[Collected data]
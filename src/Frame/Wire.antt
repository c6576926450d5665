-- ===== src/Frame/Wire.antt =====
-- The byte layout of the PDUs in the Modbus application protocol, written down apart from the
-- encoders, and which requests and responses lie within its limits.
use oms_modbus.Base.{
  ℕ, ◌-◌, ◌≡◌, false, replicate, ◌+◌, ◌*◌, ◌≤◌, ◌<◌, Bool, List, [], ◌∷◌, ◌++◌, length, div_ceil,
  bit_or, All,
}
use oms_modbus.Frame.Types.{
  Request, Response, max_coils, max_registers, code_of_exception, exception_of_code,
}
use oms_modbus.Frame.Buffer.{be_bytes}
use oms_modbus.Frame.Encode.{pack_bits, u16_bytes, coil_word}

abbrev pub IsByte : ℕ → Type 0
IsByte b = b < 256

abbrev pub IsU16 : ℕ → Type 0
IsU16 v = v < 65536

-- What the Booleans of a response become: false up to the next multiple of eight.
abbrev pub padded : List Bool → List Bool
padded bits = bits ++ replicate (div_ceil (length bits) 8 * 8 - length bits) false

-- A quantity that the protocol allows, whose last address exists.
abbrev pub IsRange : ℕ → ℕ → ℕ → Type 0
IsRange most addr qty = (1 ≤ qty) × (qty ≤ most) × (addr + qty ≤ 65536)

abbrev pub IsRequest : Request → Type 0
IsRequest (Request.read_coils a q) = IsRange max_coils a q
IsRequest (Request.read_discrete_inputs a q) = IsRange max_coils a q
IsRequest (Request.read_holding_registers a q) = IsRange max_registers a q
IsRequest (Request.read_input_registers a q) = IsRange max_registers a q
IsRequest (Request.write_single_coil a v) = IsU16 a
IsRequest (Request.write_single_register a v) = IsU16 a × IsU16 v
IsRequest (Request.write_multiple_coils a vs) = IsRange max_coils a (length vs)
IsRequest (Request.write_multiple_registers a vs) =
    IsRange max_registers a (length vs) × All IsU16 vs
IsRequest (Request.read_write_multiple_registers r q w vs) =
    IsRange max_registers r q × IsRange max_registers w (length vs) × All IsU16 vs
IsRequest (Request.mask_write_register a m o) = IsU16 a × IsU16 m × IsU16 o
IsRequest (Request.diagnostic s d) = IsU16 s × IsU16 d
IsRequest Request.disconnect = ⊥

abbrev pub request_layout : Request → List ℕ
request_layout (Request.read_coils a q) = 1 ∷ be_bytes a ++ be_bytes q
request_layout (Request.read_discrete_inputs a q) = 2 ∷ be_bytes a ++ be_bytes q
request_layout (Request.read_holding_registers a q) = 3 ∷ be_bytes a ++ be_bytes q
request_layout (Request.read_input_registers a q) = 4 ∷ be_bytes a ++ be_bytes q
request_layout (Request.write_single_coil a v) = 5 ∷ be_bytes a ++ be_bytes (coil_word v)
request_layout (Request.write_single_register a v) = 6 ∷ be_bytes a ++ be_bytes v
request_layout (Request.write_multiple_coils a vs) =
    15 ∷ be_bytes a ++ (be_bytes (length vs) ++ (div_ceil (length vs) 8 ∷ pack_bits vs))
request_layout (Request.write_multiple_registers a vs) =
    16 ∷ be_bytes a ++ (be_bytes (length vs) ++ ((length vs * 2) ∷ u16_bytes vs))
request_layout (Request.read_write_multiple_registers r q w vs) =
    23 ∷ be_bytes r
    ++ (be_bytes q ++ (be_bytes w ++ (be_bytes (length vs) ++ ((length vs * 2) ∷ u16_bytes vs))))
request_layout (Request.mask_write_register a m o) = 22 ∷ be_bytes a ++ (be_bytes m ++ be_bytes o)
request_layout (Request.diagnostic s d) = 8 ∷ be_bytes s ++ be_bytes d
request_layout Request.disconnect = []

abbrev pub response_layout : Response → List ℕ
response_layout (Response.read_coils bits) = 1 ∷ div_ceil (length bits) 8 ∷ pack_bits bits
response_layout (Response.read_discrete_inputs bits) = 2 ∷ div_ceil (length bits) 8 ∷ pack_bits bits
response_layout (Response.read_holding_registers regs) = 3 ∷ (length regs * 2) ∷ u16_bytes regs
response_layout (Response.read_input_registers regs) = 4 ∷ (length regs * 2) ∷ u16_bytes regs
response_layout (Response.write_single_coil a v) = 5 ∷ be_bytes a ++ be_bytes (coil_word v)
response_layout (Response.write_single_register a v) = 6 ∷ be_bytes a ++ be_bytes v
response_layout (Response.write_multiple_coils a q) = 15 ∷ be_bytes a ++ be_bytes q
response_layout (Response.write_multiple_registers a q) = 16 ∷ be_bytes a ++ be_bytes q
response_layout (Response.read_write_multiple_registers regs) =
    23 ∷ (length regs * 2) ∷ u16_bytes regs
response_layout (Response.mask_write_register a m o) = 22 ∷ be_bytes a ++ (be_bytes m ++ be_bytes o)
response_layout (Response.diagnostic s d) = 8 ∷ be_bytes s ++ be_bytes d
response_layout (Response.exception fc e) = bit_or fc 0x80 ∷ code_of_exception e ∷ []

-- The exception code of an exception response is the one that it stands for, and its function code is
-- no exception's.
abbrev pub IsResponse : Response → Type 0
IsResponse (Response.read_coils bits) = Unit {0}
IsResponse (Response.read_discrete_inputs bits) = Unit {0}
IsResponse (Response.read_holding_registers regs) = All IsU16 regs
IsResponse (Response.read_input_registers regs) = All IsU16 regs
IsResponse (Response.write_single_coil a v) = IsU16 a
IsResponse (Response.write_single_register a v) = IsU16 a × IsU16 v
IsResponse (Response.write_multiple_coils a q) = IsU16 a × IsU16 q
IsResponse (Response.write_multiple_registers a q) = IsU16 a × IsU16 q
IsResponse (Response.read_write_multiple_registers regs) = All IsU16 regs
IsResponse (Response.mask_write_register a m o) = IsU16 a × IsU16 m × IsU16 o
IsResponse (Response.diagnostic s d) = IsU16 s × IsU16 d
IsResponse (Response.exception fc e) = (fc < 128) × (exception_of_code (code_of_exception e) ≡ e)

-- What the other side makes of a response: the Booleans of a read are padded with false.
abbrev pub received : Response → Response
received (Response.read_coils bits) = Response.read_coils (padded bits)
received (Response.read_discrete_inputs bits) = Response.read_discrete_inputs (padded bits)
received rsp = rsp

→ Work instruction: Look above for the line holding "IsRequest (Request.read_discrete_inputs a", then set down exactly that line and every line after it up to and including the line holding "IsRequest (Request.write_multiple_registers a", with nothing else.

→ Answer:
IsRequest (Request.read_discrete_inputs a q) = IsRange max_coils a q
IsRequest (Request.read_holding_registers a q) = IsRange max_registers a q
IsRequest (Request.read_input_registers a q) = IsRange max_registers a q
IsRequest (Request.write_single_coil a v) = IsU16 a
IsRequest (Request.write_single_register a v) = IsU16 a × IsU16 v
IsRequest (Request.write_multiple_coils a vs) = IsRange max_coils a (length vs)
IsRequest (Request.write_multiple_registers a vs) =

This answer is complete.